Hi, everyone! I am confronted by a really weird phenomenon :hot_face: :hot_face: :hot_face:
I’ve written a pytorch code, whose backbone is listed below:(please keep in mind that target_feature_extraction_module and target_classificaiton_module have been adequately trained before so that the classification accuracy can reach 100% when used in conjunction with each other)

    for cur_epoch in range(epoch_num):
        source_classification_module.train()  #All the five models required, which are all the instantiated objects of nn.Module

        target_data = list(enumerate(target_train_loader))
        source_data = list(enumerate(source_train_loader))
        rounds_per_epoch = min(len(target_data), len(source_data))
        for batch_idx in range(rounds_per_epoch):
            _, (target_train,target_label) = target_data[batch_idx]
            _, (source_train,source_label) = source_data[batch_idx]
            if with_nvidia:
                target_train = target_train.float().cuda()
                target_label = target_label.cuda()
                source_train = source_train.float().cuda()
            target_feature = target_feature_extraction_module(target_train)
            source_feature = source_feature_extraction_module(source_train)
            source_shape_changed_feature = source_to_target_feature_trans(source_feature)

            target_classification_result, target_before_last_linear = target_classification_module(target_feature)
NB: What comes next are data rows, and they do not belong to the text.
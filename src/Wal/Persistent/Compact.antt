-- ===== src/Wal/Persistent/Compact.antt =====
-- compact_through of PersistentRaftWal (src/lib.rs): what it keeps.
use rust_raft.Wal.Persistent.Log.{PersistentRaftWal}
use rust_raft.Wal.Persistent.Roll.{IsSynced, calm}
use rust_raft.Wal.Persistent.Layout.{IsLayout}
use rust_raft.Wal.Persistent.Maintain.{
  compact_through, forget, is_removable, removable_ids, remove_files,
}
use rust_raft.Wal.Persistent.Lines.{Codec}
use rust_raft.Wal.Persistent.Disk.{Disk, remove_file}
use rust_raft.Wal.Segments.{Segment}
use rust_raft.Wal.Recovery.{In}
use rust_raft.Base.BTreeMap.{BTreeMap, get, get-remove, remove}
use rust_raft.Types.{Outcome, and_then, ok}
use mathlib.Core.Path.{subst}
use rust_raft.Base.{
  Bool, Bool-cases, List, [], ap, arith, contains, false, filter, inl, inr, leb, length, not, refl,
  suc, take, true, zero, ℕ, ◌-◌, ◌<◌, ◌∙◌, ◌∷◌, ◌≡◌,
}

-- In the filtered list stands each member that passes.
In-filter :
    {A : Type 0} (p : A → Bool) (x : A) (xs : List A) → In x xs → p x ≡ true → In x (filter p xs)
In-filter p x [] i h = i
In-filter p x (y ∷ ys) (inl e) h = rw (ap p e ∙ h) (inl e)
In-filter p x (y ∷ ys) (inr i) h = elim (Bool-cases (p y)) [
  | inl t ↦ rw t (inr (In-filter p x ys i h))
  | inr f ↦ rw f (In-filter p x ys i h)
]

-- Files that are not named stay.
get-remove_files :
    (ids : List ℕ) (m : BTreeMap (List ℕ))
    → (n : BTreeMap (List ℕ)) × (remove_files ids (calm m) ≡ (calm n, ok tt))
      × ((k : ℕ) → contains k ids ≡ false → get k n ≡ get k m)
unfolding remove_files remove_file
get-remove_files [] m = (m, refl, λ k h. refl)
get-remove_files (id ∷ ids) m =
    let (n, e, f) = get-remove_files ids (remove id m) in
    (n, e, λ k h. ground (arith, f k, get-remove id k m))

module _ (codec : Codec) (log_index : ℕ) where
  -- An id below all of them is not among those to remove.
  below-not-removed :
      (k active n : ℕ) (s : Segment) (ss : List Segment)
      → IsLayout codec active (s ∷ ss)
      → k < s.segment_id
      → contains k (removable_ids log_index (take n (s ∷ ss))) ≡ false
  unfolding removable_ids
  below-not-removed k active zero s ss l h = refl
  below-not-removed k active (suc zero) s [] (e, i) h = ground arith
  below-not-removed k active (suc (suc n)) s [] (e, i) h = ground arith
  below-not-removed k active (suc n) s (t ∷ ss) (l, i, c) h =
      let rest = below-not-removed k active n t ss c (omega arith) in ground (arith, rest)

  head-removable :
      (s : Segment) (rest : List Segment)
      → contains s.segment_id (removable_ids log_index (s ∷ rest)) ≡ true
      → contains s.segment_id (removable_ids log_index rest) ≡ false
      → is_removable log_index s ≡ true
  unfolding removable_ids
  head-removable s rest h f = elim (Bool-cases (is_removable log_index s)) [
    | inl t ↦ t
    | inr n ↦ absurd (
        let g : contains s.segment_id (removable_ids log_index (s ∷ rest)) ≡ false =
          rw (n, removable_ids) f in
        cc)
  ]

  tail-removable :
      (k : ℕ) (s : Segment) (rest : List Segment)
      → contains k (removable_ids log_index (s ∷ rest)) ≡ true
      → s.segment_id < k
      → contains k (removable_ids log_index rest) ≡ true
  unfolding removable_ids
  tail-removable k s rest h q = ground arith

  layout-lt :
      (active : ℕ) (x s : Segment) (ss : List Segment)
      → IsLayout codec active (s ∷ ss)
      → In x ss
      → s.segment_id < x.segment_id
  layout-lt active x s [] l i = absurd i
  layout-lt active x s (t ∷ ss) (l, h, c) (inl e) =
      subst (λ (y : Segment). s.segment_id < y.segment_id) e l
  layout-lt active x s (t ∷ ss) (l, h, c) (inr i) = omega (arith, layout-lt active x t ss c i)

  nothing-removed : (k n : ℕ) → contains k (removable_ids log_index (take n [])) ≡ false
  unfolding removable_ids
  nothing-removed k zero = refl
  nothing-removed k (suc n) = refl

  -- A segment that is removed is one that may be.
  removed-removable :
      (active n : ℕ) (x : Segment) (ss : List Segment)
      → IsLayout codec active ss
      → In x ss
      → contains x.segment_id (removable_ids log_index (take n ss)) ≡ true
      → is_removable log_index x ≡ true
  removed-removable active zero x ss l i h = unfold removable_ids in cc
  removed-removable active (suc n) x [] l i h = absurd i
  removed-removable active (suc n) x (s ∷ []) l (inl e) h =
      subst
        (λ (y : Segment).
          contains y.segment_id (removable_ids log_index (s ∷ take n [])) ≡ true
          → is_removable log_index y ≡ true)
        e (λ g. head-removable s (take n []) g (nothing-removed s.segment_id n)) h
  removed-removable active (suc n) x (s ∷ []) l (inr e) h = absurd e
  removed-removable active (suc n) x (s ∷ t ∷ ss) (l, i, c) (inl e) h =
      subst
        (λ (y : Segment).
          contains y.segment_id (removable_ids log_index (s ∷ take n (t ∷ ss))) ≡ true
          → is_removable log_index y ≡ true)
        e
        (λ g.
          head-removable s (take n (t ∷ ss)) g (below-not-removed s.segment_id active n t ss c l))
        h
  removed-removable active (suc n) x (s ∷ t ∷ ss) (l, i, c) (inr e) h =
      removed-removable active n x (t ∷ ss) c e (
        tail-removable x.segment_id s (take n (t ∷ ss)) h
          (layout-lt active x s (t ∷ ss) (l, i, c) e))

  -- What `forget` keeps in memory.
  forget-kept :
      (ids : List ℕ) (w : PersistentRaftWal) (x : Segment)
      → In x w.segments
      → contains x.segment_id ids ≡ false
      → In x (forget ids w).segments
  unfolding forget
  forget-kept [] w x i h = i
  forget-kept (id ∷ ids) w x i h =
      In-filter (λ (s : Segment). not (contains s.segment_id (id ∷ ids))) x w.segments i (rw h refl)

  -- On a disk where no call fails, compaction through an index succeeds and keeps each segment that
  -- holds a later index as its last one, in memory and in its file.
  pub compact_through-keeps :
      (w : PersistentRaftWal) (m : BTreeMap (List ℕ))
      → IsSynced codec w m
      → (v : PersistentRaftWal) × (n : BTreeMap (List ℕ)) × (released : ℕ) × (compact_through
            log_index
            (w, calm m)
          ≡ ((v, calm n), ok released))
        × ((x : Segment)
            → In x w.segments
            → log_index < x.last_index
            → In x v.segments × (get x.segment_id n ≡ get x.segment_id m))
  unfolding compact_through
  compact_through-keeps w m h =
      let k = length w.segments - w.options.min_keep_segments in
      let ids = removable_ids log_index (take k w.segments) in
      elim (Bool-cases (leb (length w.segments) w.options.min_keep_segments)) [
        | inl t ↦ (w, m, 0, rw t refl, λ x i l. (i, refl))
        | inr f ↦
            let (n, e, keeps) = get-remove_files ids m in
            (
              forget ids w,
              n,
              length ids,
              rw f (
                  ap
                    (λ (o : Outcome Disk (Unit {0})).
                      and_then ((w, o.0), o.1) (λ s a. ((forget ids s.0, s.1), ok (length ids))))
                    e),
              λ x i l.
                  let kept : contains x.segment_id ids ≡ false = not_removed k x i l in
                  (forget-kept ids w x i kept, keeps x.segment_id kept),
            )
      ]
    where
      not_removed :
          (k : ℕ) (x : Segment)
          → In x w.segments
          → log_index < x.last_index
          → contains x.segment_id (removable_ids log_index (take k w.segments)) ≡ false
      not_removed k x i l =
          elim (Bool-cases (contains x.segment_id (removable_ids log_index (take k w.segments)))) [
            | inl t ↦ absurd (
                let r : is_removable log_index x ≡ true =
                  removed-removable w.active k x w.segments h.layout i t in
                unfold is_removable in ground (arith, r))
            | inr f ↦ f
          ]
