-- ===== src/Wal/Persistent/Filed.antt =====
-- The loop over the segment files of PersistentRaftWal (src/lib.rs), on files that the log has
-- written.
use rust_raft.Base.BTreeMap.{BTreeMap, get, keys}
use rust_raft.Wal.Persistent.Disk.{ask, bind-ok, read_file, ◌>>=◌}
use rust_raft.Base.{
  ==_refl, Bool, List, String, [], ap, arith, false, first, ltb, map, map_or, refl, some, true, ℕ,
  ◌==◌, ◌∙◌, ◌∷◌, ◌≡◌,
}
use rust_raft.Types.{ok}
use rust_raft.Wal.Recovery.{All}
use rust_raft.Wal.Segments.{Segment}
use rust_raft.Wal.Persistent.Lines.{Codec, file_bytes}
use rust_raft.Wal.Persistent.Scan.{IsWritten, scan-file_bytes}
use rust_raft.Wal.Persistent.Files.{
  add_loaded, finish_scan, load_scan, loaded_segment, read_files, read_segment_file,
}
use rust_raft.Wal.Persistent.Layout.{IsHeld, IsLayout, files_of}
use rust_raft.Wal.Record.{WalRecord}
use rust_raft.Wal.Persistent.Roll.{calm}

module _ (codec : Codec) where
  -- The file of a segment is in the directory.
  abbrev pub IsFiled : BTreeMap (List ℕ) → Segment → Type 0
  IsFiled m s = get s.segment_id m ≡ some (file_bytes codec s.records)

  pub read_segment_file-calm :
      (m : BTreeMap (List ℕ)) (s : Segment)
      → IsFiled m s
      → All (IsWritten codec) s.records
      → read_segment_file codec s.segment_id (calm m) ≡ (calm m, ok (s.records, false))
  unfolding read_segment_file read_file ask
  read_segment_file-calm m s f a =
      let id = s.segment_id in
      let what : String = "failed to open WAL segment: {err}" in
      let opened : read_file what id (calm m) ≡ (calm m, ok (file_bytes codec s.records)) =
        rw (f, read_file) refl in
      bind-ok (read_file what id) (load_scan codec id) (calm m) opened
      ∙ ap (λ found. finish_scan codec id found (calm m)) (scan-file_bytes codec s.records a)

  pub loaded_segment-lem :
      (b : Bool) (s : Segment)
      → IsHeld codec b s
      → loaded_segment codec s.segment_id s.records b ≡ s
  unfolding loaded_segment
  loaded_segment-lem b s h = ground (arith, h.indexed.first_lem, h.indexed.last_lem, h.sealed_lem)

  -- The loop over files that are all there.
  pub read_files-calm :
      (m : BTreeMap (List ℕ)) (active : ℕ) (ss : List Segment)
      → IsLayout codec active ss
      → All (IsFiled m) ss
      → read_files codec (map (λ (s : Segment). s.segment_id) ss) (calm m)
        ≡ (calm m, ok (ss, false))
  unfolding read_files
  read_files-calm m active [] l a = absurd l
  read_files-calm m active (s ∷ []) (e, h) (f, a) =
      bind-ok (read_segment_file codec s.segment_id)
        (λ (p : List WalRecord × Bool).
          read_files codec [] >>= add_loaded codec s.segment_id p.0 p.1 [])
        (calm m) (read_segment_file-calm m s f h.written)
      ∙ ap (λ (x : Segment). (calm m, ok (x ∷ [], false))) (loaded_segment-lem false s h)
  read_files-calm m active (s ∷ t ∷ ss) (l, h, c) (f, a) =
      let rest = map (λ (s : Segment). s.segment_id) (t ∷ ss) in
      bind-ok (read_segment_file codec s.segment_id)
        (λ (p : List WalRecord × Bool).
          read_files codec rest >>= add_loaded codec s.segment_id p.0 p.1 rest)
        (calm m) (read_segment_file-calm m s f h.written)
      ∙ bind-ok (read_files codec rest) (add_loaded codec s.segment_id s.records false rest)
          (calm m) (read_files-calm m active (t ∷ ss) c a)
      ∙ ap (λ (x : Segment). (calm m, ok (x ∷ t ∷ ss, false))) (loaded_segment-lem true s h)

  -- A file with a smaller id in front hides none of them.
  pub IsFiled-cons :
      (k active : ℕ) (b : List ℕ) (m : BTreeMap (List ℕ)) (ss : List Segment)
      → IsLayout codec active ss
      → map_or true (λ (s : Segment). ltb k s.segment_id) (first ss) ≡ true
      → All (IsFiled m) ss
      → All (IsFiled ((k, b) ∷ m)) ss
  unfolding get
  IsFiled-cons k active b m [] l h a = tt
  IsFiled-cons k active b m (s ∷ []) (e, i) h (f, a) =
      let n : (k == s.segment_id) ≡ false = ground arith in (rw n f, tt)
  IsFiled-cons k active b m (s ∷ t ∷ ss) (l, i, c) h (f, a) =
      let n : (k == s.segment_id) ≡ false = ground arith in
      (rw n f, IsFiled-cons k active b m (t ∷ ss) c (ground arith) a)

  pub files_of-IsFiled :
      (active : ℕ) (ss : List Segment)
      → IsLayout codec active ss
      → All (IsFiled (files_of codec ss)) ss
  unfolding files_of get
  files_of-IsFiled active [] l = absurd l
  files_of-IsFiled active (s ∷ []) l = (rw (==_refl s.segment_id) refl, tt)
  files_of-IsFiled active (s ∷ t ∷ ss) (l, h, c) = (
    rw (==_refl s.segment_id) refl,
    IsFiled-cons s.segment_id active (file_bytes codec s.records) (files_of codec (t ∷ ss)) (t ∷ ss)
        c (ground arith) (files_of-IsFiled active (t ∷ ss) c),
  )

  pub keys-files_of :
      (ss : List Segment) → keys (files_of codec ss) ≡ map (λ (s : Segment). s.segment_id) ss
  unfolding keys files_of
  keys-files_of [] = refl
  keys-files_of (s ∷ ss) = ap (◌∷◌ s.segment_id) (keys-files_of ss)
            #just print the accuracy of classification
            y_predict = target_classification_result.detach().cpu().numpy()
            y_predict = np.argmax(y_predict, axis=1)
            acc = accuracy_score(y_predict,target_label.cpu().numpy())
            print(acc)  #always equals to 1(whenever in any batch, any circumstance) since the models has been  adequately trained before

            #the following sentence is the most horrible and even magical part for me
            #a , b = target_classification_module(source_shape_changed_feature)  
            target_classification_loss = nn.CrossEntropyLoss()(target_classification_result,target_label)   
            str_out = "Epoch:" + str(cur_epoch) +" batch_num:"+str(batch_idx)+" t_c_loss:"+str(target_classification_loss.data.cpu().numpy())
            for the_optim in optimizer_list:
            for the_optim in optimizer_list:
        if cur_epoch%2 == 0:
            eval_model_traindata(target_feature_extraction_module,target_classification_module,target_train_loader,cur_epoch,with_nvidia) #this function will calculate the accuracy for training set, which operates the same as the print(acc) part above. So the output value of this function is expected to be 1 as well.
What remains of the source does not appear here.